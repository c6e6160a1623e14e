-- ===== src/Plan/Params.antt =====
-- cli/src/domain/plan.rs: the parameters of each kind of step. The JSON values that a few steps
-- carry are those of a library, and their type is the parameter `V`.
use catallaxy.Prelude.{ℕ, Bool, Option, List, String}

pub record ScriptEnv : Type 0 where
  pub name : String
  pub secret : String
  pub key : String

pub record DockerNetworkCreateParams : Type 0 where
  pub name : String
  pub subnet : String
  pub gateway : String

pub record CertGenerateParams : Type 0 where
  pub zone : String

pub record DnsSetupParams : Type 0 where
  pub host : String
  pub port : ℕ
  pub zone : String

pub record DnsTeardownParams : Type 0 where
  pub zone : String

pub record ColimaNetworkRouteParams : Type 0 where
  pub subnet : String
  pub profile : String

pub record RegistrySetupParams : Type 0 where
  pub port : ℕ
  pub upstreams : List String
  pub zone : String

pub record CreateClusterParams : Type 0 where
  pub name : String
  pub provisioner : String

pub record EnsureSecretsParams : Type 0 where
  pub stores : List String

pub record DeployManifestsParams : Type 0 where
  pub target : String
  pub bootstrap : Bool
  pub kube_context : Option String

pub record WaitForResourcesParams (V : Type 0) : Type 0 where
  pub target : String
  pub resources : List V
  pub wait_timeout_seconds : Option ℕ
  pub kube_context : Option String

pub record SyncKubeconfigParams : Type 0 where
  pub target : String
  pub clusters : List String
  pub kube_context : Option String

pub record PivotParams : Type 0 where
  pub cluster : String
  pub bootstrap_context : String
  pub target_context : String
  pub provisioner : String

pub record PublishImagesParams (V : Type 0) : Type 0 where
  pub source_cluster : String
  pub images : List V

pub record ApplyRootApplicationParams : Type 0 where
  pub target : String
  pub namespace : Option String
  pub manifest_path : Option String
  pub kube_context : Option String

pub record BootstrapForgejoReposParams : Type 0 where
  pub target : String
  pub namespace : Option String
  pub job_label_selector : Option String
  pub kube_context : Option String

pub record BootstrapArgocdKubectlSsaParams : Type 0 where
  pub target : String
  pub manifest_root : String
  pub kube_context : Option String
  pub field_manager : Option String
  pub namespace : Option String
  pub wait_timeout_seconds : Option ℕ

pub record BootstrapArgocdHelmParams : Type 0 where
  pub target : String
  pub values_path : String
  pub chart_ref : String
  pub release_name : String
  pub kube_context : Option String
  pub namespace : Option String
  pub wait_timeout_seconds : Option ℕ

pub record VerifyArgocdReachableParams : Type 0 where
  pub target : String
  pub kube_context : Option String
  pub namespace : Option String

pub record RunScriptParams : Type 0 where
  pub bin : String
  pub env : List ScriptEnv
  pub kube_context : Option String

pub record InfraParams : Type 0 where
  pub stack : String
  pub working_dir : Option String

pub record DestroyClusterParams : Type 0 where
  pub name : String
  pub provisioner : String
  pub skip_if_missing : Option Bool

pub record ReconcileManagedResourceParams : Type 0 where
  pub target : String
  pub resource_kind : String
  pub resource_name : String
  pub kube_context : Option String
  pub external_name_discovery_bin : Option String

pub record DeleteManagedResourceParams : Type 0 where
  pub target : String
  pub resource_kind : String
  pub resource_name : String
  pub wait : Option Bool
  pub wait_timeout_seconds : Option ℕ
  pub kube_context : Option String
  pub external_name_discovery_bin : Option String

pub record WaitForClusterGoneParams : Type 0 where
  pub target : Option String
  pub kube_context : Option String
  pub resource_kind : Option String
  pub resource_name : Option String
  pub wait_timeout_seconds : Option ℕ

pub record ReleaseClusterCloudResourcesParams : Type 0 where
  pub target : String
  pub kube_context : Option String
  pub wait_timeout_seconds : Option ℕ

-- A variant whose parameters have no field takes no argument.
pub data StepParams (V : Type 0) : Type 0 where
  setup_services : StepParams V
  docker_network_create : DockerNetworkCreateParams → StepParams V
  cert_generate : CertGenerateParams → StepParams V
  trust_bundle : StepParams V
  host_trust_install : StepParams V
  dns_setup : DnsSetupParams → StepParams V
  dns_teardown : DnsTeardownParams → StepParams V
  colima_network_route : ColimaNetworkRouteParams → StepParams V
  registry_setup : RegistrySetupParams → StepParams V
  warm_cache : StepParams V
  create_cluster : CreateClusterParams → StepParams V
  ensure_secrets : EnsureSecretsParams → StepParams V
  deploy_manifests : DeployManifestsParams → StepParams V
  wait_for_resources : WaitForResourcesParams V → StepParams V
  sync_kubeconfig : SyncKubeconfigParams → StepParams V
  pivot : PivotParams → StepParams V
  publish_images : PublishImagesParams V → StepParams V
  publish_manifests : StepParams V
  apply_root_application : ApplyRootApplicationParams → StepParams V
  bootstrap_forgejo_repos : BootstrapForgejoReposParams → StepParams V
  bootstrap_argocd_kubectl_ssa : BootstrapArgocdKubectlSsaParams → StepParams V
  bootstrap_argocd_helm : BootstrapArgocdHelmParams → StepParams V
  verify_argocd_reachable : VerifyArgocdReachableParams → StepParams V
  run_script : RunScriptParams → StepParams V
  infra_plan : InfraParams → StepParams V
  infra_apply : InfraParams → StepParams V
  infra_destroy : InfraParams → StepParams V
  destroy_cluster : DestroyClusterParams → StepParams V
  reconcile_managed_resource : ReconcileManagedResourceParams → StepParams V
  delete_managed_resource : DeleteManagedResourceParams → StepParams V
  wait_for_cluster_gone : WaitForClusterGoneParams → StepParams V
  release_cluster_cloud_resources : ReleaseClusterCloudResourcesParams → StepParams V
  remove_network : StepParams V
  remove_services : StepParams V
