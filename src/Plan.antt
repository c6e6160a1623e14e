-- ===== src/Plan.antt =====
-- cli/src/domain/plan.rs: a planned step, what its policy says, and which clusters it names.
pub mod Params
pub mod Policy
pub mod Samples
use catallaxy.Prelude.{
  ℕ, ◌+◌, Bool, true, false, Option, none, some, List, [], ◌∷◌, String, ◌==◌, is_empty,
  if◌then◌else◌,
}
use catallaxy.StepKind
use catallaxy.StepKind.{
  StepKind, Direction, deploy, teardown, Idempotency, idempotent, one_shot, destructive, tag,
}
use Params.{
  StepParams, setup_services, docker_network_create, cert_generate, trust_bundle,
  host_trust_install, dns_setup, dns_teardown, colima_network_route, registry_setup, warm_cache,
  create_cluster, ensure_secrets, deploy_manifests, wait_for_resources, sync_kubeconfig, pivot,
  publish_images, publish_manifests, apply_root_application, bootstrap_forgejo_repos,
  bootstrap_argocd_kubectl_ssa, bootstrap_argocd_helm, verify_argocd_reachable, run_script,
  infra_plan, infra_apply, infra_destroy, destroy_cluster, reconcile_managed_resource,
  delete_managed_resource, wait_for_cluster_gone, release_cluster_cloud_resources, remove_network,
  remove_services,
}

unfoldable pub of_teardown_flag : Bool → Direction
of_teardown_flag true = teardown
of_teardown_flag false = deploy

unfoldable pub direction_label : Direction → String
direction_label deploy = "deployment"
direction_label teardown = "teardown"

-- `Idempotency::attempts`
unfoldable pub attempts_of : Idempotency → ℕ
attempts_of idempotent = 3
attempts_of one_shot = 1
attempts_of destructive = 1

pub data OnFailure : Type 0 where
  fatal continue : OnFailure

pub record StepPolicy : Type 0 where
  pub retry : Idempotency
  pub on_failure : OnFailure
  pub interactive : Bool
  pub skip_if_cluster_reachable : Option String

pub record PlannedStep (V : Type 0) : Type 0 where
  pub name : String
  pub origin : String
  pub description : String
  pub cluster : Option String
  pub policy : StepPolicy
  pub params : StepParams V

-- The error of `refuse_wrong_direction`: the direction, the step's number from 1 and its tag.
pub record WrongDirection : Type 0 where
  pub direction : Direction
  pub number : ℕ
  pub kind_tag : String

module _ {V : Type 0} where
  unfoldable pub kind : StepParams V → StepKind
  kind setup_services = StepKind.setup_services
  kind (docker_network_create p) = StepKind.docker_network_create
  kind (cert_generate p) = StepKind.cert_generate
  kind trust_bundle = StepKind.trust_bundle
  kind host_trust_install = StepKind.host_trust_install
  kind (dns_setup p) = StepKind.dns_setup
  kind (dns_teardown p) = StepKind.dns_teardown
  kind (colima_network_route p) = StepKind.colima_network_route
  kind (registry_setup p) = StepKind.registry_setup
  kind warm_cache = StepKind.warm_cache
  kind (create_cluster p) = StepKind.create_cluster
  kind (ensure_secrets p) = StepKind.ensure_secrets
  kind (deploy_manifests p) = StepKind.deploy_manifests
  kind (wait_for_resources p) = StepKind.wait_for_resources
  kind (sync_kubeconfig p) = StepKind.sync_kubeconfig
  kind (pivot p) = StepKind.pivot
  kind (publish_images p) = StepKind.publish_images
  kind publish_manifests = StepKind.publish_manifests
  kind (apply_root_application p) = StepKind.apply_root_application
  kind (bootstrap_forgejo_repos p) = StepKind.bootstrap_forgejo_repos
  kind (bootstrap_argocd_kubectl_ssa p) = StepKind.bootstrap_argocd_kubectl_ssa
  kind (bootstrap_argocd_helm p) = StepKind.bootstrap_argocd_helm
  kind (verify_argocd_reachable p) = StepKind.verify_argocd_reachable
  kind (run_script p) = StepKind.run_script
  kind (infra_plan p) = StepKind.infra_plan
  kind (infra_apply p) = StepKind.infra_apply
  kind (infra_destroy p) = StepKind.infra_destroy
  kind (destroy_cluster p) = StepKind.destroy_cluster
  kind (reconcile_managed_resource p) = StepKind.reconcile_managed_resource
  kind (delete_managed_resource p) = StepKind.delete_managed_resource
  kind (wait_for_cluster_gone p) = StepKind.wait_for_cluster_gone
  kind (release_cluster_cloud_resources p) = StepKind.release_cluster_cloud_resources
  kind remove_network = StepKind.remove_network
  kind remove_services = StepKind.remove_services

  -- The fields that name a cluster, each with the name that it gives.
  unfoldable pub cluster_refs : StepParams V → List (String × String)
  cluster_refs setup_services = []
  cluster_refs (docker_network_create p) = []
  cluster_refs (cert_generate p) = []
  cluster_refs trust_bundle = []
  cluster_refs host_trust_install = []
  cluster_refs (dns_setup p) = []
  cluster_refs (dns_teardown p) = []
  cluster_refs (colima_network_route p) = []
  cluster_refs (registry_setup p) = []
  cluster_refs warm_cache = []
  cluster_refs (create_cluster p) = ("name", p.name) ∷ []
  cluster_refs (ensure_secrets p) = []
  cluster_refs (deploy_manifests p) = ("target", p.target) ∷ []
  cluster_refs (wait_for_resources p) = ("target", p.target) ∷ []
  cluster_refs (sync_kubeconfig p) = ("target", p.target) ∷ []
  cluster_refs (pivot p) = ("cluster", p.cluster) ∷ []
  cluster_refs (publish_images p) = ("sourceCluster", p.source_cluster) ∷ []
  cluster_refs publish_manifests = []
  cluster_refs (apply_root_application p) = ("target", p.target) ∷ []
  cluster_refs (bootstrap_forgejo_repos p) = ("target", p.target) ∷ []
  cluster_refs (bootstrap_argocd_kubectl_ssa p) = ("target", p.target) ∷ []
  cluster_refs (bootstrap_argocd_helm p) = ("target", p.target) ∷ []
  cluster_refs (verify_argocd_reachable p) = ("target", p.target) ∷ []
  cluster_refs (run_script p) = []
  cluster_refs (infra_plan p) = ("stack", p.stack) ∷ []
  cluster_refs (infra_apply p) = ("stack", p.stack) ∷ []
  cluster_refs (infra_destroy p) = ("stack", p.stack) ∷ []
  cluster_refs (destroy_cluster p) = ("name", p.name) ∷ []
  cluster_refs (reconcile_managed_resource p) = ("target", p.target) ∷ []
  cluster_refs (delete_managed_resource p) = ("target", p.target) ∷ []
  cluster_refs (wait_for_cluster_gone p) = elim p.target [ none ↦ [] | some t ↦ ("target", t) ∷ [] ]
  cluster_refs (release_cluster_cloud_resources p) = ("target", p.target) ∷ []
  cluster_refs remove_network = []
  cluster_refs remove_services = []

module _ {V : Type 0} (step : PlannedStep V) where
  abbrev pub step_kind : StepKind
  step_kind = kind step.params

  abbrev pub type_tag : String
  type_tag = tag step_kind

  abbrev pub runs_in : Direction → Bool
  runs_in d = StepKind.runs_in step_kind d

  -- `none` is success.
  unfoldable pub refuse_wrong_direction : Direction → ℕ → Option WrongDirection
  refuse_wrong_direction d index =
      if runs_in d
      then none
      else some (record { direction = d; number = index + 1; kind_tag = type_tag })

  abbrev pub dry_run_safe : Bool
  dry_run_safe = StepKind.dry_run_safe step_kind

  unfoldable pub attempts : ℕ
  unfolding attempts_of
  attempts = if step.policy.interactive then 1 else attempts_of step.policy.retry

  unfoldable pub continues_on_failure : Bool
  continues_on_failure = elim step.policy.on_failure [ continue ↦ true | fatal ↦ false ]

  unfoldable pub label : String
  label = if is_empty step.description then step.name else step.description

——————————

### About this task
Go through the listing above and locate each line that holds the word "ColimaNetworkRouteParams". Copy those lines.

### Response to this task
pub record ColimaNetworkRouteParams : Type 0 where
  colima_network_route : ColimaNetworkRouteParams → StepParams V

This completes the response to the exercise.